# "H" does no toggle edit pins



## mikecox (Jan 27, 2016)

I used to be able to hit "H" and toggle the Hide edit pins, but it has stopped working that way. 

Currently it will turn them off, but not toggle them back on.  Now it changes the settings to "Never" and I have to change it to "Always", which turns them all on.  When I hit "H" again they are hidden, but the option returns to "Never".  No matter what option I set, hitting "H" changes it back to "Never".  

Has there been an upgrade that changed the toggle function or "H", or a setting I need to re-set to make it toggle again?


----------



## clee01l (Jan 27, 2016)

The short cut key to hide the pins is {H}/  The shortcut key to show the pins is {Shft}{Cntl/Cmd}{H}  It is not a toggle key.  Check the short cuts in the menu {Tools}{Tool Overlay).


----------



## frozenframe (Jan 27, 2016)

Cletus, 
Just for grins I tried this on my Win 10, running LR CC, and the H key does act as a toggle for the pins. Shift+Ctl+H does nothing. However Ctl+H toggles the pins too.


----------



## Hal P Anderson (Jan 27, 2016)

For me, hitting the key once sets them to Auto and shows the pins. Hitting it again sets it to Never and hides them. Definitely a toggle. Shift-H toggles between 'Selected' and 'Never'. I can't get it to fail.                                                          

Oddly, Alt-H sets to 'Auto' _*and*_ brings up the Help menu. 

Mike, you might try resetting the Preferences.


----------



## clee01l (Jan 27, 2016)

I'll admit that i did not open a windows session to check further.  I made the assumption that the shortcut keys listed in the menu {Tools}{Tool Overlay) were  consistent between Operating Systems. If you check the shortcut keys listed in the menu, you will get those available for your OS.


----------



## mikecox (Jan 27, 2016)

Hal P Anderson said:


> For me, hitting the key once sets them to Auto and shows the pins. Hitting it again sets it to Never and hides them. Definitely a toggle. Shift-H toggles between 'Selected' and 'Never'. I can't get it to fail.
> 
> Oddly, Alt-H sets to 'Auto' _*and*_ brings up the Help menu.
> 
> Mike, you might try resetting the Preferences.


Hmmm, there appear to be some serious inconsistencies here; based on all your responses.  

I just returned to my set in Lr and found an image I'd made several Adj Brush edits to. I hit "K" and the Adj Brush settings opened, I hit "H" and all the pins displayed, I hit "H" again, and they all disappeared; just as they always have done, until a couple days ago!  "H" is clearly working as a toggle, again.

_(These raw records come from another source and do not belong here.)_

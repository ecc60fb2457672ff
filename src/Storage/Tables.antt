-- ===== src/Storage/Tables.antt =====
-- The rows, and the statements that write them (internal/storage/repository.go).
-- A statement meets one of three fates: the server executes it, it does not (it never arrives, or the
-- server turns it down, as it does a text with a zero byte), or it is executed and the answer is lost.
-- A serial number is used up also where the unique index refuses the row.
pub mod Inserts
use vkr_public.Base.{
  ℕ, ◌+◌, String, Bool, true, false, Option, none, some, List, [], ◌∷◌, ◌++◌, ◌==◌, ◌||◌,
  if◌then◌else◌, StringMap, Assoc, lookup, insert,
}
use vkr_public.Float64.{Float64}
use vkr_public.Instant.{Time, timestamptz}
use vkr_public.Json.{Json}

pub record MetricPoint : Type 0 where
  pub id : ℕ
  pub service_name : String
  pub metric_name : String
  pub value : Float64
  pub labels : StringMap
  pub timestamp : Time

pub record LogEntry : Type 0 where
  pub id : ℕ
  pub service_name : String
  pub level : String
  pub message : String
  pub trace_id : String
  pub fields : StringMap
  pub timestamp : Time

pub record TraceSpan : Type 0 where
  pub id : ℕ
  pub trace_id : String
  pub span_id : String
  pub parent_span_id : String
  pub service_name : String
  pub operation_name : String
  pub start_time : Time
  pub end_time : Time
  pub status : String
  pub attributes : StringMap

-- The tables, with the next number of each serial column.
pub record Tables : Type 0 where
  pub metrics : List MetricPoint
  pub logs : List LogEntry
  pub spans : List TraceSpan
  pub settings : Assoc Json
  pub next_metric : ℕ
  pub next_log : ℕ
  pub next_span : ℕ

pub data Link : Type 0 where
  up refused lost : Link

pub data DbError : Type 0 where
  unreachable unique_violation no_rows unmarshalable : DbError

abbrev pub Outcome : Type 0
Outcome = Tables × Option DbError

abbrev pub exec : Link → (Tables → Outcome) → Tables → Outcome
exec up statement db = statement db
exec refused statement db = (db, some unreachable)
exec lost statement db = ((statement db).0, some unreachable)

unfoldable pub metric_row : ℕ → MetricPoint → MetricPoint
metric_row id m = record m { id = id; timestamp = timestamptz m.timestamp }

unfoldable pub log_row : ℕ → LogEntry → LogEntry
log_row id l = record l { id = id; timestamp = timestamptz l.timestamp }

unfoldable pub span_row : ℕ → TraceSpan → TraceSpan
span_row id s = record s {
  id = id;
  start_time = timestamptz s.start_time;
  end_time = timestamptz s.end_time;
}

unfoldable pub insert_metric : Link → MetricPoint → Tables → Outcome
unfolding metric_row
insert_metric link m = exec link λ db. (
  record db {
    metrics = db.metrics ++ metric_row db.next_metric m ∷ [];
    next_metric = db.next_metric + 1;
  },
  none,
)

unfoldable pub insert_log : Link → LogEntry → Tables → Outcome
unfolding log_row
insert_log link l = exec link λ db.
    (record db { logs = db.logs ++ log_row db.next_log l ∷ []; next_log = db.next_log + 1 }, none)

-- The unique index idx_spans_span_id.
unfoldable pub has_span : String → List TraceSpan → Bool
has_span span_id [] = false
has_span span_id (s ∷ ss) = s.span_id == span_id || has_span span_id ss

unfoldable pub insert_span : Link → TraceSpan → Tables → Outcome
unfolding has_span span_row
insert_span link s = exec link λ db.
    if has_span s.span_id db.spans
    then (record db { next_span = db.next_span + 1 }, some unique_violation)
    else (
      record db { spans = db.spans ++ span_row db.next_span s ∷ []; next_span = db.next_span + 1 },
      none,
    )

-- `none` stands for a value that json.Marshal refuses.
unfoldable pub save_settings : Link → String → Option Json → Tables → Outcome
unfolding insert
save_settings link key none db = (db, some unmarshalable)
save_settings link key (some j) db =
    exec link (λ db. (record db { settings = insert key j db.settings }, none)) db

pub data Loaded : Type 0 where
  row : Json → Loaded
  failed : DbError → Loaded

abbrev found : Option Json → Loaded
found none = failed no_rows
found (some j) = row j

-- The stored value, which the caller decodes.
unfoldable pub load_settings : Link → String → Tables → Loaded
unfolding lookup
load_settings up key db = found (lookup key db.settings)
load_settings refused key db = failed unreachable
load_settings lost key db = failed unreachable
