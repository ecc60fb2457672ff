-- ===== src/Storage/Queries.antt =====
-- The queries of the API (internal/storage/repository.go). `none` is an error of the query.
pub mod Laws
use vkr_public.Base.{
  ℕ, String, Bool, true, false, Option, none, some, List, ◌&&◌, ◌==◌, leb, if◌then◌else◌,
}
use vkr_public.Instant.{Time, timestamptz}
use vkr_public.Storage.Select.{where_rows, order_by, oldest, latest}
use vkr_public.Storage.Tables.{MetricPoint, LogEntry, TraceSpan, Tables, Link, up, refused, lost}

abbrev pub answered {ℓ} : {A : Type ℓ} → Link → A → Option A
answered up rows = some rows
answered refused rows = none
answered lost rows = none

unfoldable pub in_range : String → Time → Time → MetricPoint → Bool
in_range service from to m =
    m.service_name == service
    && (leb (timestamptz from) m.timestamp && leb m.timestamp (timestamptz to))

unfoldable pub query_metrics : Link → String → Time → Time → Tables → Option (List MetricPoint)
unfolding in_range latest
query_metrics link service from to db =
    answered link (latest (in_range service from to) (λ m. m.timestamp) 1000 db.metrics)

-- The level is tested only where one is given.
unfoldable pub is_log_of : String → String → LogEntry → Bool
is_log_of service level l =
    l.service_name == service && (if level == "" then true else l.level == level)

unfoldable pub query_logs : Link → String → String → ℕ → Tables → Option (List LogEntry)
unfolding is_log_of latest
query_logs link service level limit db =
    answered link (latest (is_log_of service level) (λ l. l.timestamp) limit db.logs)

unfoldable pub is_span_of : String → TraceSpan → Bool
is_span_of trace_id s = s.trace_id == trace_id

unfoldable pub query_spans_by_trace : Link → String → Tables → Option (List TraceSpan)
unfolding is_span_of where_rows order_by
query_spans_by_trace link trace_id db =
    answered link
      (order_by (oldest (λ s. s.start_time)) (where_rows (is_span_of trace_id) db.spans))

But the tool overlay drop down and adjustment mask overlay check box  are missing from under the image. Not sure how to make that come back.


----------



## Jim Wilde (Jan 27, 2016)

mikecox said:


> But the tool overlay drop down and adjustment mask overlay check box  are missing from under the image. Not sure how to make that come back.



Press "T" for Toolbar.


----------



## mikecox (Jan 27, 2016)

Dah :hm: Thanks


----------